*YOUR OBJECTIVE*: Only the lines from the line containing "if floats.lt (zero_float" to the end of the entries, both included, belong in your answer, and each must match exactly.

*AVAILABLE DATA*:
-- ===== src/Handler/ChartPoints.antt =====
-- internal/handler/market.go: `eventsToChartPoints`.
pub mod Laws
use total.Prelude.{List, [], ◌∷◌, if◌then◌else◌}
use total.Bytes.{Bytes, text, bytes_eq}
use total.Model.{zero_float, PricePoint}
use total.Service.Events.{TradeEvent}
use total.Platform.{Platform}

module _ (P : Platform) where
  open P use {floats}

  -- The tokens sold so far.
  pub record Sold : Type 0 where
    pub yes_sold : floats.Float
    pub no_sold : floats.Float

  -- An event adds its amount to an outcome or takes it off.
  unfoldable pub traded : Sold → TradeEvent P → Sold
  traded sold evt =
      if bytes_eq evt.kind (text "buy")
      then (if bytes_eq evt.outcome (text "YES")
          then record sold { yes_sold = floats.add sold.yes_sold evt.amount }
          else record sold { no_sold = floats.add sold.no_sold evt.amount })
      else if bytes_eq evt.kind (text "sell")
      then (if bytes_eq evt.outcome (text "YES")
          then record sold { yes_sold = floats.sub sold.yes_sold evt.amount }
          else record sold { no_sold = floats.sub sold.no_sold evt.amount })
      else sold

  -- `if x < 0 { x = 0 }`
  unfoldable pub non_negative : floats.Float → floats.Float
  non_negative x = if floats.lt x (zero_float floats) then zero_float floats else x

  unfoldable pub clamped : Sold → Sold
  unfolding non_negative
  clamped sold = record {
    yes_sold = non_negative sold.yes_sold;
    no_sold = non_negative sold.no_sold;
  }

  -- The constants 0.5, 0.01 and 0.99.
  abbrev pub even_price : floats.Float
  even_price = floats.constant 5 1

  abbrev pub least_price : floats.Float
  least_price = floats.constant 1 2

  abbrev pub greatest_price : floats.Float
  greatest_price = floats.constant 99 2

  unfoldable pub at_least : floats.Float → floats.Float
  at_least p = if floats.lt p least_price then least_price else p

  unfoldable pub at_most : floats.Float → floats.Float
  at_most p = if floats.lt greatest_price p then greatest_price else p

  unfoldable pub ratio_price : Sold → floats.Float
  unfolding at_least at_most
  ratio_price sold =
      let total = floats.add sold.yes_sold sold.no_sold in
      at_most (
        at_least (
          if floats.lt (zero_float floats) total
          then floats.div sold.yes_sold total
          else even_price))

  -- The loop over the events.
  unfoldable pub chart_points_from : Sold → List (TradeEvent P) → List (PricePoint floats)
  unfolding traded clamped ratio_price
  chart_points_from sold [] = []
  chart_points_from sold (evt ∷ more) =
      let next = clamped (traded sold evt) in
      record { timestamp = evt.timestamp; price_yes = ratio_price next }
      ∷ chart_points_from next more

  unfoldable pub events_to_chart_points : List (TradeEvent P) → List (PricePoint floats)
  unfolding chart_points_from
  events_to_chart_points events =
      chart_points_from (record { yes_sold = zero_float floats; no_sold = zero_float floats })
        events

*RESPONSE TO THIS TASK*:
          if floats.lt (zero_float floats) total
          then floats.div sold.yes_sold total
          else even_price))

  -- The loop over the events.
  unfoldable pub chart_points_from : Sold → List (TradeEvent P) → List (PricePoint floats)
  unfolding traded clamped ratio_price
  chart_points_from sold [] = []
  chart_points_from sold (evt ∷ more) =
      let next = clamped (traded sold evt) in
      record { timestamp = evt.timestamp; price_yes = ratio_price next }
      ∷ chart_points_from next more

  unfoldable pub events_to_chart_points : List (TradeEvent P) → List (PricePoint floats)
  unfolding chart_points_from
  events_to_chart_points events =
      chart_points_from (record { yes_sold = zero_float floats; no_sold = zero_float floats })
        events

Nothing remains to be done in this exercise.